Isolation needed for triage and incident response
Like all financial institutions, the bank is well aware of cybersecurity threats that come in the form of phishing campaigns and use social engineering to obtain network access or steal funds by impersonating trusted clients or business partners. Managing these risks has become increasingly complicated as adversaries get craftier and more daring.
The bank has a team of dedicated professionals working at the security operations center (SOC), securing the bank’s systems against attacks, putting in protections against internal weaknesses (e.g., employees clicking on malicious links) and investigating suspected breaches to further harden the security perimeter.

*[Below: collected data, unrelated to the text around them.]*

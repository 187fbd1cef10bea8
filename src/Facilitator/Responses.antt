-- ===== src/Facilitator/Responses.antt =====
-- src/mainnet/proof-facilitator-response-validation.mainnet.ts: the shapes that the facilitator's
-- responses must have. A property that is `undefined` in a result is `none`.
pub mod Supported
pub mod Laws
pub mod Tests
use x402_worker_template.Prelude.{
  String, Bool, true, false, not, Option, none, some, List, [], ◌∷◌, if◌then◌else◌,
}
use x402_worker_template.Js.{
  Value, undefined, null, not_finite, boolean, number, text, array, object, Items, nil, cons,
  Fields, end, field, get,
}
use x402_worker_template.Facilitator.Errors.{schema, Result, ok, throws}

-- `typeof`.
abbrev is_boolean : Value → Bool
is_boolean (boolean b) = true
is_boolean v = false

abbrev is_string : Value → Bool
is_string (text s) = true
is_string v = false

abbrev is_number : Value → Bool
is_number (number n) = true
is_number not_finite = true
is_number v = false

-- Where only a plain object is taken, its properties.
abbrev is_plain_object : Value → Bool
is_plain_object (object fs) = true
is_plain_object v = false

-- The values that may stand for an absent property, next to those that pass a test.
abbrev optional : (Value → Bool) → Value → Bool
optional test undefined = true
optional test null = true
optional test v = test v

abbrev is_optional_string_record : Value → Bool
is_optional_string_record = optional is_plain_object

-- What is read of a value whose test has passed.
abbrev the_boolean : Value → Bool
the_boolean (boolean b) = b
the_boolean v = false

abbrev the_string : Value → String
the_string (text s) = s
the_string v = ""

-- `value ?? undefined`.
abbrev or_undefined : Value → Option String
or_undefined (text s) = some s
or_undefined v = none

abbrev object_or_undefined : Value → Option Fields
object_or_undefined (object fs) = some fs
object_or_undefined v = none

pub record VerifyResponse : Type 0 where
  pub is_valid : Bool
  pub invalid_reason : Option String
  pub invalid_message : Option String
  pub payer : Option String
  pub extensions : Option Fields
  pub extra : Option Fields

pub record SettleResponse : Type 0 where
  pub success : Bool
  pub error_reason : Option String
  pub error_message : Option String
  pub payer : Option String
  pub transaction : String
  pub network : String
  pub amount : Option String
  pub extensions : Option Fields
  pub extra : Option Fields

-- The first check that fails throws; the fallthrough is its last argument.
abbrev check {ℓ} : {A : Type ℓ} → Bool → String → Result A → Result A
check test message rest = if not test then throws message schema else rest

verify_of : Fields → Result VerifyResponse
unfolding get
verify_of fs =
    check (is_boolean (get "isValid" fs)) "Facilitator verify response isValid must be a boolean." (
      check (optional is_string (get "invalidReason" fs))
        "Facilitator verify response invalidReason must be a string."
        (check (optional is_string (get "invalidMessage" fs))
          "Facilitator verify response invalidMessage must be a string."
          (check (optional is_string (get "payer" fs))
            "Facilitator verify response payer must be a string."
            (check (is_optional_string_record (get "extensions" fs))
              "Facilitator verify response extensions must be an object."
              (check (is_optional_string_record (get "extra" fs))
                "Facilitator verify response extra must be an object."
                (ok (record {
                  is_valid = the_boolean (get "isValid" fs);
                  invalid_reason = or_undefined (get "invalidReason" fs);
                  invalid_message = or_undefined (get "invalidMessage" fs);
                  payer = or_undefined (get "payer" fs);
                  extensions = object_or_undefined (get "extensions" fs);
                  extra = object_or_undefined (get "extra" fs);
                })))))))

unfoldable pub parse_verify_response_json : Value → Result VerifyResponse
unfolding verify_of
parse_verify_response_json (object fs) = verify_of fs
parse_verify_response_json v = throws "Facilitator verify response must be an object." schema

-- The last three checks.
settle_rest : Fields → Result SettleResponse
unfolding get
settle_rest fs =
    check (optional is_string (get "amount" fs))
      "Facilitator settle response amount must be a string."
      (check (is_optional_string_record (get "extensions" fs))
        "Facilitator settle response extensions must be an object."
        (check (is_optional_string_record (get "extra" fs))
          "Facilitator settle response extra must be an object."
          (ok (record {
            success = the_boolean (get "success" fs);
            error_reason = or_undefined (get "errorReason" fs);
            error_message = or_undefined (get "errorMessage" fs);
            payer = or_undefined (get "payer" fs);
            transaction = the_string (get "transaction" fs);
            network = the_string (get "network" fs);
            amount = or_undefined (get "amount" fs);
            extensions = object_or_undefined (get "extensions" fs);
            extra = object_or_undefined (get "extra" fs);
          }))))

settle_of : Fields → Result SettleResponse
unfolding get settle_rest
settle_of fs =
    check (is_boolean (get "success" fs)) "Facilitator settle response success must be a boolean." (
      check (optional is_string (get "errorReason" fs))
        "Facilitator settle response errorReason must be a string."
        (check (optional is_string (get "errorMessage" fs))
          "Facilitator settle response errorMessage must be a string."
          (check (optional is_string (get "payer" fs))
            "Facilitator settle response payer must be a string."
            (check (is_string (get "transaction" fs))
              "Facilitator settle response transaction must be a string."
              (check (is_string (get "network" fs))
                "Facilitator settle response network must be a string." (settle_rest fs))))))

unfoldable pub parse_settle_response_json : Value → Result SettleResponse
unfolding settle_of
parse_settle_response_json (object fs) = settle_of fs
parse_settle_response_json v = throws "Facilitator settle response must be an object." schema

Traditional browsers don’t have the right protections to allow SOC analysts to safely triage suspected phishing incidents and to follow up on threats by visiting malicious websites and engaging with potential adversaries.
The bank needed a solution that would give them an on-demand, highly secure and anonymous environment that they could use to complete their investigations safely – without risking exposure to toxic content or revealing their intentions.
Silo for Research helps the SOC investigate malware
Silo for Research is built on the Silo Web Isolation Platform, which provides users with a one-time-use browser, rendered on demand in a secure, cloud-based container. With all web code converted into a benign remote display session, endpoints are automatically protected from any malware and researchers are free to visit even the most devious sites, knowing they won’t expose their devices and networks to malicious content.
Before deciding on Silo for Research, the bank briefly considered other alternatives, but many of the commercial malware investigation tools didn’t work across platforms and devices, and maintaining a fleet of “burner” laptops disconnected from the bank’s network was neither cost-effective nor practical. The added expense of purchasing, maintaining, rebuilding and reimaging multiple machines was deemed too great, and the lack of anonymity and managed attribution made the researchers’ job less effective — and still inherently risky.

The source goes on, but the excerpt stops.